HCV incidence per 100 person years for those PWID without or with OST in last time period except for Vancouver study where it is HCV incidence for PWID never and ever on OST;

person years not given in study so estimated from number of incident infections and estimated HCV incidence

So what are the implications of these results for designing HCV prevention strategies? Firstly, as highlighted by a recent modelling analysis[15], OST averts infections, with projections from the UK suggesting that current high coverage levels of OST (50% of PWID are currently on OST in the UK) may have contributed to reducing the chronic HCV prevalence from 57% to 40%. OST may also have an accumulating effect – the longer the average duration on OST the greater the impact on reducing HCV risk[12] and drug related mortality[2]. Indeed, because economic analyses suggest that OST could be cost saving when societal benefits are accounted for[6], or at least highly cost-effective if just health benefits are considered[6], then it seems there should be no argument against scaling up OST in all settings.

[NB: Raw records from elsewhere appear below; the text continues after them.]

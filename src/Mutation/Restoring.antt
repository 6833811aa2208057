-- ===== src/Mutation/Restoring.antt =====
-- What a failed mutation leaves of the client.
use rs_query.Base.{ℕ, ◌≡◌, ◌⊎◌, Option}
use rs_query.State.{QueryError}
use rs_query.Client.Core.{Tables, Client}
use rs_query.MutationCache.{MutationCache}
use rs_query.Mutation.Core.{
  Scene, call, given, fire, per_call_error, Mutation, MutateOptions, MutationCacheConfig,
  Surroundings,
}

module _ {V : Type 0} {M : Tables V} {T P W : Type 0} (config : MutationCacheConfig (Scene M W))
    (around : Surroundings M W) (m : Mutation M T P W) (params : P)
    (per_call : Option (MutateOptions T P (Scene M W))) where
  -- The callbacks of a failure, and the one of the submission, leave the client alone.
  pub record KeepsClient : Type 0 where
    pub on_error :
        (x : QueryError) (w : Scene M W) → (call (given (λ f. f x params) m.on_error) w).0 ≡ w.0
    pub on_settled :
        (r : T ⊎ QueryError) (w : Scene M W)
        → (call (given (λ f. f r params) m.on_settled) w).0 ≡ w.0
    pub per_call_options :
        (x : QueryError) (w : Scene M W) → (per_call_error per_call x params w).0 ≡ w.0
    pub cache_on_error :
        (id : ℕ) (cache : MutationCache) (w : Scene M W) → (fire config.on_error id cache w).0 ≡ w.0
    pub cache_on_settled :
        (id : ℕ) (cache : MutationCache) (w : Scene M W)
        → (fire config.on_settled id cache w).0 ≡ w.0
    pub cache_on_mutate :
        (id : ℕ) (cache : MutationCache) (w : Scene M W)
        → (fire config.on_mutate id cache w).0 ≡ w.0
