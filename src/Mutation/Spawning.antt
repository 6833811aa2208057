-- ===== src/Mutation/Spawning.antt =====
-- `spawn_mutation` of src/executor.rs: the count of mutations, the task and what it delivers.
use rs_query.Base.{◌⊎◌, inl, inr, if◌then◌else◌}
use rs_query.State.{QueryError, MutationState}
use rs_query.Client.Core.{Tables}
use rs_query.Client.Lifecycle.{inc_mutating, dec_mutating}
use rs_query.Mutation.Core.{Mutation, Surroundings, World}
use rs_query.Mutation.Running.{execute_mutation}

-- The `match` of the task.
unfoldable pub delivered : {T : Type 0} → T ⊎ QueryError → MutationState T
delivered (inl d) = MutationState.success d
delivered (inr e) = MutationState.error e

module _ {V : Type 0} {M : Tables V} {T W : Type 0} where
  -- The end of the task, which drops the `MutatingGuard`.
  unfoldable pub finish_mutation : World M W × (T ⊎ QueryError) → World M W × MutationState T
  unfolding delivered
  finish_mutation (w, result) = (record w { client = dec_mutating M w.client }, delivered result)

module _ {V : Type 0} {M : Tables V} {T P W : Type 0} where
  -- `spawn_mutation` with its task run to its end.
  unfoldable pub spawn_mutation :
      Surroundings M W → Mutation M T P W → P → World M W → World M W × MutationState T
  unfolding finish_mutation
  spawn_mutation around m params w =
      if w.client.is_restoring
      then (w, MutationState.idle)
      else finish_mutation
          (execute_mutation around m params (record w { client = inc_mutating M w.client }))
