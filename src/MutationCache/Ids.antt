-- ===== src/MutationCache/Ids.antt =====
-- The ids of the entries of a mutation cache (src/mutation_cache.rs) when additions of several threads
-- interleave: the id, the lock of the scopes and the lock of the entries are steps of their own.
use rs_query.Base.{
  ℕ, suc, ◌+◌, ◌≤◌, ◌<◌, ◌≡◌, refl, ap, List, [], ◌∷◌, ◌++◌, Text, ◌==◌, if◌then◌else◌, arith,
}
use rs_query.MutationCache.{
  MutationCacheEntry, MutationCache, MutationCacheEvent, new_cache, emit, allot_id, queue_in_scope,
  push_entry, update, remove, clear, mark_running, mark_finished, subscribe_scope, run_next,
  resume_paused_mutations, apply_to, drop_id, unpause_all,
}
use rs_query.MutationCache.Entries.{update_fields, remove_fields}
use rs_query.MutationCache.Steps.{
  key_part, clear_part, resume_part, finished_part, subscribed_part, next_part,
}

-- A cache, and the entries with an id that are not in it yet.
pub record Machine : Type 0 where
  pub cache : MutationCache
  pub pending : List MutationCacheEntry

-- What the threads do, in any order.
pub data Step (m : Machine) : Machine → Type 0 where
  allots :
      (e : MutationCacheEntry)
      → Step m (record {
        cache = (allot_id m.cache).0;
        pending = record e { id = (allot_id m.cache).1 } ∷ m.pending;
      })
  queues :
      (before after : List MutationCacheEntry) (e : MutationCacheEntry)
      → m.pending ≡ before ++ e ∷ after
      → Step m (record {
        cache = (queue_in_scope e m.cache).0;
        pending = before ++ (queue_in_scope e m.cache).1 ∷ after;
      })
  pushes :
      (before after : List MutationCacheEntry) (e : MutationCacheEntry)
      → m.pending ≡ before ++ e ∷ after
      → Step m (record { cache = push_entry e m.cache; pending = before ++ after })
  emits : (event : MutationCacheEvent) → Step m (record m { cache = emit event m.cache })
  updates :
      (id : ℕ) (f : MutationCacheEntry → MutationCacheEntry)
      → ((x : MutationCacheEntry) → (f x).id ≡ x.id)
      → Step m (record m { cache = (update id f m.cache).0 })
  removes : (id : ℕ) → Step m (record m { cache = (remove id m.cache).0 })
  clears : Step m (record m { cache = clear m.cache })
  marks : (k : Text) → Step m (record m { cache = mark_running k m.cache })
  finishes : (k : Text) → Step m (record m { cache = mark_finished k m.cache })
  subscribes : (k : Text) → Step m (record m { cache = (subscribe_scope k m.cache).0 })
  runs_next : (k : Text) → Step m (record m { cache = (run_next k m.cache).0 })
  resumes : Step m (record m { cache = (resume_paused_mutations m.cache).0 })

pub data Reach : Machine → Type 0 where
  start : Reach (record { cache = new_cache; pending = [] })
  then_step : {m n : Machine} → Reach m → Step m n → Reach n

-- How many entries have the id.
abbrev pub count : ℕ → List MutationCacheEntry → ℕ
count j [] = 0
count j (e ∷ es) = (if e.id == j then 1 else 0) + count j es

count-append :
    (j : ℕ) (xs ys : List MutationCacheEntry) → count j (xs ++ ys) ≡ count j xs + count j ys
count-append j [] ys = omega arith
count-append j (x ∷ xs) ys = omega (arith, count-append j xs ys)

count-apply :
    (j id : ℕ) (f : MutationCacheEntry → MutationCacheEntry) (es : List MutationCacheEntry)
    → ((x : MutationCacheEntry) → (f x).id ≡ x.id)
    → count j (apply_to id f es) ≡ count j es
count-apply j id f [] keeps = refl
count-apply j id f (e ∷ es) keeps = ground (arith, keeps e, count-apply j id f es keeps)

count-drop : (j id : ℕ) (es : List MutationCacheEntry) → count j (drop_id id es) ≤ count j es
count-drop j id [] = omega arith
count-drop j id (e ∷ es) = ground (arith, count-drop j id es)

count-unpause : (j : ℕ) (es : List MutationCacheEntry) → count j (unpause_all es) ≡ count j es
count-unpause j [] = refl
count-unpause j (e ∷ es) = omega (arith, count-unpause j es)

-- How many entries of the cache or on their way into it have the id.
abbrev pub holders : ℕ → Machine → ℕ
holders j m = count j m.cache.entries + count j m.pending

-- No id is held twice, and none above the last one that was given is held.
pub record HasUniqueIds (m : Machine) : Type 0 where
  pub at_most_one : (j : ℕ) → holders j m ≤ 1
  pub none_above : (j : ℕ) → m.cache.next_id < j → holders j m ≡ 0

-- A step that gives no id and adds no holder.
fewer :
    (m n : Machine)
    → n.cache.next_id ≡ m.cache.next_id
    → ((j : ℕ) → holders j n ≤ holders j m)
    → HasUniqueIds m
    → HasUniqueIds n
fewer m n same less u = record {
  at_most_one = λ j. omega (arith, less j, u.at_most_one j);
  none_above = λ j above. omega (arith, less j, u.none_above j (omega arith));
}

-- A step of the cache alone.
in_cache :
    (m : Machine) (c : MutationCache) (es : List MutationCacheEntry)
    → c.entries ≡ es
    → c.next_id ≡ m.cache.next_id
    → ((j : ℕ) → count j es ≤ count j m.cache.entries)
    → HasUniqueIds m
    → HasUniqueIds (record m { cache = c })
in_cache m c es entries last less u =
    fewer m (record m { cache = c }) last (λ j. omega (arith, less j, ap (count j) entries)) u

by_part :
    (m : Machine) (c : MutationCache) (es : List MutationCacheEntry)
    → key_part c ≡ (es, m.cache.next_id)
    → ((j : ℕ) → count j es ≤ count j m.cache.entries)
    → HasUniqueIds m
    → HasUniqueIds (record m { cache = c })
by_part m c es part less u = in_cache m c es (ap (λ p. p.0) part) (ap (λ p. p.1) part) less u

-- The holders when one entry of the pending ones stands in the middle.
count-middle :
    (j : ℕ) (before after : List MutationCacheEntry) (e : MutationCacheEntry)
    → count j (before ++ e ∷ after) ≡ count j (before ++ after) + count j (e ∷ [])
count-middle j [] after e = omega arith
count-middle j (x ∷ before) after e = omega (arith, count-middle j before after e)

queue_part :
    (e : MutationCacheEntry) (c : MutationCache)
    → (key_part (queue_in_scope e c).0 ≡ key_part c) × ((queue_in_scope e c).1.id ≡ e.id)
unfolding queue_in_scope
queue_part e c = (ground arith, ground arith)

Step-HasUniqueIds : {m n : Machine} → Step m n → HasUniqueIds m → HasUniqueIds n
unfolding allot_id push_entry mark_running
Step-HasUniqueIds {m} (allots e) u = record {
  at_most_one =
      λ j. ground (arith, u.at_most_one j, u.none_above (suc m.cache.next_id) (omega arith));
  none_above = λ j above. ground (arith, above, u.none_above j (omega arith));
}
Step-HasUniqueIds {m} (queues before after e there) u =
    let (part, same) = queue_part e m.cache in
    fewer m _ (ap (λ p. p.1) part)
      (λ j.
        let entries : count j (queue_in_scope e m.cache).0.entries ≡ count j m.cache.entries =
          ap (λ p. count j p.0) part in
        let one : count j ((queue_in_scope e m.cache).1 ∷ []) ≡ count j (e ∷ []) =
          ap (λ i. (if i == j then 1 else 0) + 0) same in
        omega (
          arith,
          entries,
          one,
          ap (count j) there,
          count-middle j before after e,
          count-middle j before after (queue_in_scope e m.cache).1,
        ))
      u
Step-HasUniqueIds {m} (pushes before after e there) u =
    fewer m _ refl
      (λ j. omega (
        arith,
        ap (count j) there,
        count-middle j before after e,
        count-append j m.cache.entries (e ∷ []),
      ))
      u
Step-HasUniqueIds {m} (emits event) u = in_cache m _ m.cache.entries refl refl (λ j. omega arith) u
Step-HasUniqueIds {m} (updates id f keeps) u =
    let (entries, last) = update_fields id f m.cache in
    in_cache m _ (apply_to id f m.cache.entries) entries last
      (λ j. omega (arith, count-apply j id f m.cache.entries keeps)) u
Step-HasUniqueIds {m} (removes id) u =
    let (entries, last) = remove_fields id m.cache in
    in_cache m _ (drop_id id m.cache.entries) entries last (λ j. count-drop j id m.cache.entries) u
Step-HasUniqueIds {m} clears u = by_part m _ [] (clear_part m.cache) (λ j. omega arith) u
Step-HasUniqueIds {m} (marks k) u = in_cache m _ m.cache.entries refl refl (λ j. omega arith) u
Step-HasUniqueIds {m} (finishes k) u =
    by_part m _ m.cache.entries (finished_part k m.cache) (λ j. omega arith) u
Step-HasUniqueIds {m} (subscribes k) u =
    by_part m _ m.cache.entries (subscribed_part k m.cache) (λ j. omega arith) u
Step-HasUniqueIds {m} (runs_next k) u =
    by_part m _ m.cache.entries (next_part k m.cache) (λ j. omega arith) u
Step-HasUniqueIds {m} resumes u =
    by_part m _ (unpause_all m.cache.entries) (resume_part m.cache)
      (λ j. omega (arith, count-unpause j m.cache.entries)) u

-- However the additions of several threads interleave with each other and with all other methods of the
-- cache, with updates that keep ids: no two entries, in the cache or on their way into it, have the same
-- id, and none has an id above the last one given.
pub ids_stay_unique : (m : Machine) → Reach m → HasUniqueIds m
unfolding new_cache
ids_stay_unique m start = record { at_most_one = λ j. omega arith; none_above = λ j h. refl }
ids_stay_unique m (then_step r s) = Step-HasUniqueIds s (ids_stay_unique _ r)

There is a long way to go until we achieve the high levels of OST coverage that currently exist in some settings such as the UK and Australia. Data from the last systematic review of intervention coverage among PWID suggested that the worldwide coverage of OST was at best 8%[16], and although many countries have since initiated OST programmes, recent data continue to show inadequate coverage of OST in most settings[17]. This raises the spectre of the potential enormous size of the global prevention gap. For example, adapted results from our previous modelling analysis[15] suggest scaling up OST worldwide could avert between 1 and 2 million HCV infections over the next 10 years if it was scaled up from less than 10% to 50% coverage (8 million) of all PWID. Although these calculations warrant more detailed modelling to capture the heterogeneities in different epidemics, they nonetheless highlight the substantial potential prevention benefit of scaling up OST.

It is important to note, however, that although recent results suggest that OST is an essential component of any future HCV prevention strategy, it is not the only answer to HCV prevention. HCV prevalence remains persistently high in many countries despite high coverage of OST and needle and syringe distribution. It is likely that only by also scaling up antiviral treatment and prophylactic vaccine development for HCV that prevalence can be significantly reduced[18, 19].